After what appeared to Tony an interminable time, Ann lifted her bent head. Her face was white to the lips, but her eyes were strangely bright—like golden stars, he thought. They looked almost unearthly.

“Don’t worry, Tony,” she said. Familiar little comforting phrase! “Don’t worry, old boy. Leave it all to me. I’m sure I can put things straight. I’ll talk to Brett—I’m certain he’ll do what I ask and give you time to pay.”

“Time?” Tony laughed harshly. “If I had all the time until eternity I couldn’t produce twelve hundred pounds!”

“But I could,” asserted Ann confidently. “Won’t you trust me, Tony? I’m sure—sure that I can get you out of this scrape.”

He looked at her in blank amazement. But something in her face convinced him that she was speaking the truth—that he could rely on her.

“If you do,” he said, and his voice rang true as steel, “I give you my word, Ann, that I’ll never get into another. I’ll chuck gambling from this day forth.”

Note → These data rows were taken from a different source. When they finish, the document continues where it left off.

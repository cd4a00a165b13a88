-- ===== src/Pod/FilterLaws.antt =====
-- What the filters of pkg/pod/tools.go keep.
use kubervisor.Prelude.{
  Bool, true, false, not, ◌&&◌, Option, none, some, List, [], ◌∷◌, Error, ◌≡◌, refl, arith, eq_iff,
  str_eq, select,
}
use kubervisor.Kube.{Pod}
use kubervisor.Labeling.{is_pod_traffic_label_ok_or_pause}
use kubervisor.Pod.Tools.{
  filter_out, is_ready, purge_not_ready_pods, keep_running_pods, keep_with_traffic_yes_pods, found,
  exclude_from_slice,
}

-- A filter that never fails keeps what it does not exclude.
filter_out-select :
    (exclude : Pod → Bool) (xs : List Pod)
    → filter_out xs (λ x. (exclude x, none)) ≡ (select (λ x. not (exclude x)) xs, none)
unfolding filter_out
filter_out-select exclude [] = refl
filter_out-select exclude (x ∷ xs) = ground (arith, filter_out-select exclude xs)

abbrev pub is_running : Pod → Bool
is_running p = str_eq p.phase "Running"

abbrev pub has_traffic : Pod → Bool
has_traffic p = (is_pod_traffic_label_ok_or_pause p).0

abbrev pub traffic_error : Pod → Option Error
traffic_error p = (is_pod_traffic_label_ok_or_pause p).2

not-not : (b : Bool) → not (not b) ≡ b
not-not true = refl
not-not false = refl

-- Both filters on the status keep exactly the pods that are ready, or running, and do not fail.
pub status_filters :
    (pods : List Pod)
    → (purge_not_ready_pods pods ≡ (select is_ready pods, none))
      × (keep_running_pods pods ≡ (select is_running pods, none))
unfolding purge_not_ready_pods keep_running_pods
status_filters pods = (simp (filter_out-select, not-not), simp (filter_out-select, not-not))

-- The first error that reading the traffic labels meets.
abbrev pub first_error : List Pod → Option Error
first_error [] = none
first_error (p ∷ ps) = elim (traffic_error p) [ some e ↦ some e | none ↦ first_error ps ]

-- The pods in front of the first error.
abbrev pub readable : List Pod → List Pod
readable [] = []
readable (p ∷ ps) =
    let rest = readable ps in elim (traffic_error p) [ some e ↦ [] | none ↦ p ∷ rest ]

-- The filter on traffic fails with the first error that reading the labels meets, and keeps exactly
-- the pods in front of it that are marked for traffic.
pub keep_with_traffic_yes_pods_lem :
    (pods : List Pod)
    → keep_with_traffic_yes_pods pods ≡ (select has_traffic (readable pods), first_error pods)
unfolding keep_with_traffic_yes_pods
keep_with_traffic_yes_pods_lem [] = refl
keep_with_traffic_yes_pods_lem (p ∷ ps) = ground (arith, keep_with_traffic_yes_pods_lem ps)

pub readable_all : (pods : List Pod) → first_error pods ≡ none → readable pods ≡ pods
readable_all [] h = refl
readable_all (p ∷ ps) h = ground (arith, readable_all ps)

found-same :
    (p x : Pod) (pods : List Pod)
    → p.name ≡ x.name
    → p.namespace ≡ x.namespace
    → found p pods ≡ found x pods
unfolding found
found-same p x [] e f = refl
found-same p x (y ∷ ys) e f = rw (e, f, found-same p x ys e f)

-- A pod, by its name and namespace, is in the result exactly if it is in the first list and not in
-- the second.
pub found-exclude :
    (p : Pod) (from_slice in_slice : List Pod)
    → found p (exclude_from_slice from_slice in_slice)
      ≡ (found p from_slice && not (found p in_slice))
unfolding exclude_from_slice
found-exclude p [] in_slice = refl
found-exclude p (x ∷ xs) in_slice = ground (
  arith,
  found-exclude p xs in_slice,
  found-same p x in_slice,
  eq_iff p.name x.name,
  eq_iff p.namespace x.namespace,
)
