-- ===== src/Breaker/Round.antt =====
-- pkg/breaker/breaker.go: Run, and CompareConfig. The analysis, the lister of
-- pods and the API server are parameters; an error is logged, and the loop goes on.
use kubervisor.Prelude.{
  ℕ, zero, suc, Bool, false, Option, none, some, List, [], ◌∷◌, String, Outcome, ok, err, panic,
  length, take, ◌==◌, if◌then◌else◌,
}
use kubervisor.Prelude.Int.{ℤ, pos, pos_part, ltb_ℤ}
use kubervisor.Kube.{Pod, KubeClient, TimeText, SelectorOps}
use kubervisor.Kube.Exec.{Exec, pure, lift, ◌>>◌}
use kubervisor.Labeling.{selector_with_breaker_name}
use kubervisor.Pod.Tools.{keep_running_pods, purge_not_ready_pods, keep_with_traffic_yes_pods, Kept}
use kubervisor.Pod.Control.{World, update_breaker_annotation_and_label}
use kubervisor.Api.{FloatOps, BreakerStrategy}
use kubervisor.Activate.Strategy.{times}
use kubervisor.Breaker.Count.{remove_count}

pub record BreakerImpl (F L : Type 0) : Type 0 where
  pub kubervisor_name : String
  pub breaker_strategy_name : String
  pub selector : L
  pub breaker_strategy_config : BreakerStrategy F

-- The three filters of a round; the first error stops them.
abbrev pub then_filter : (List Pod → Kept) → Kept → Kept
then_filter f (pods, none) = f pods
then_filter f (pods, some e) = (pods, some e)

unfoldable pub with_traffic : List Pod → Kept
with_traffic all_pods =
    then_filter keep_with_traffic_yes_pods
      (then_filter purge_not_ready_pods (keep_running_pods all_pods))

-- What the loop does after a call: an error is logged, and a panic goes on.
abbrev pub logged : {W A : Type 0} → Outcome A → Exec W (Unit {0})
logged (ok a) w = (ok tt, w)
logged (err e) w = (ok tt, w)
logged panic w = (panic, w)

-- A call whose error ends the round.
abbrev pub or_skip : {W A : Type 0} → (A → Exec W (Unit {0})) → Outcome A → Exec W (Unit {0})
or_skip f (ok a) w = f a w
or_skip f (err e) w = (ok tt, w)
or_skip f panic w = (panic, w)

module _ {F L R : Type 0} (ops : SelectorOps L R) where
  -- `equal` is the semantic equality of the Kubernetes libraries.
  unfoldable pub compare_config :
      (BreakerStrategy F → BreakerStrategy F → Bool)
      → BreakerImpl F L
      → BreakerStrategy F
      → Option L
      → Bool
  compare_config equal b spec_config spec_selector =
      if equal b.breaker_strategy_config spec_config
      then (elim (selector_with_breaker_name ops spec_selector b.kubervisor_name) [
        | ok s ↦ ops.deep_equal (some s) (some b.selector)
        | err e ↦ ops.deep_equal none (some b.selector)
        | panic ↦ false
      ])
      else false

-- The ticker of Run: a period that is nil is dereferenced, and the ticker of the library panics at one
-- that is not positive.
unfoldable pub new_ticker : {F : Type 0} → FloatOps F → Option F → Outcome (Unit {0})
new_ticker floats none = panic
new_ticker floats (some x) =
    if ltb_ℤ (pos 0) (times (floats.to_millis x) (pos 1000000)) then ok tt else panic

module _ {F L S : Type 0} (client : KubeClient S) (clock : S → ℤ) (time : TimeText) where
  -- The loop over the pods to cut.
  unfoldable pub cut_all : BreakerImpl F L → List Pod → Exec (World S) (Unit {0})
  cut_all b [] w = (ok tt, w)
  cut_all b (p ∷ pods) w =
      let (r, w') =
        update_breaker_annotation_and_label client time clock b.kubervisor_name
          b.breaker_strategy_name p w in
      let rest = cut_all b pods w' in elim r [ panic ↦ (panic, w') | _ ↦ rest ]

  -- The end of a round: the filters, the number of pods to cut, and the loop.
  unfoldable pub cut_round : BreakerImpl F L → List Pod → List Pod → Exec (World S) (Unit {0})
  cut_round b pods_to_cut all_pods w = elim ((with_traffic all_pods).1) [
    | some e ↦ (ok tt, w)
    | none ↦
        let n =
          remove_count b.breaker_strategy_config (length (with_traffic all_pods).0)
            (length pods_to_cut) in
        cut_all b (take (pos_part n) pods_to_cut) w
  ]

  -- A round after the analysis.
  unfoldable pub list_round :
      (L → Exec (World S) (List Pod)) → BreakerImpl F L → List Pod → Exec (World S) (Unit {0})
  list_round lister b pods_to_cut w =
      let (listed, w') = lister b.selector w in
      if length pods_to_cut == 0 then (ok tt, w) else or_skip (cut_round b pods_to_cut) listed w'

  -- One tick of Run, over the analysis and the lister.
  unfoldable pub round :
      Exec (World S) (List Pod)
      → (L → Exec (World S) (List Pod))
      → BreakerImpl F L
      → Exec (World S) (Unit {0})
  unfolding list_round
  round detector lister b w =
      let (detected, w') = detector w in or_skip (list_round lister b) detected w'

  -- The loop of Run, whose channel is closed after a number of ticks.
  unfoldable pub run :
      Exec (World S) (List Pod)
      → (L → Exec (World S) (List Pod))
      → BreakerImpl F L
      → ℕ
      → Exec (World S) (Unit {0})
  unfolding round
  run detector lister b zero = pure tt
  run detector lister b (suc ticks) = do round detector lister b; run detector lister b ticks

  -- Run from its start: the ticker, and then the loop.
  unfoldable pub run_with_ticker :
      FloatOps F
      → Exec (World S) (List Pod)
      → (L → Exec (World S) (List Pod))
      → BreakerImpl F L
      → ℕ
      → Exec (World S) (Unit {0})
  unfolding run new_ticker
  run_with_ticker floats detector lister b ticks =
      lift (new_ticker floats b.breaker_strategy_config.evaluation_period)
      >> run detector lister b ticks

“Will you, Tony? Will you really?” she cried eagerly.

He took her hands in his.

“I promise,” he said simply.

The two strained young faces gleamed palely in the chill dawnlight—on each of them the impress of a stern resolution. Suddenly, moved by an irresistible impulse of compassion, Ann lifted her arms and laying her hands on either side Tony’s face, drew it down level with her own. Then she bent forward and kissed his forehead—tenderly, as his mother might have kissed him.

“Good night, Tony boy,” she said. And a minute later her slender figure flitted, ghost-like, up the stairs to her own room.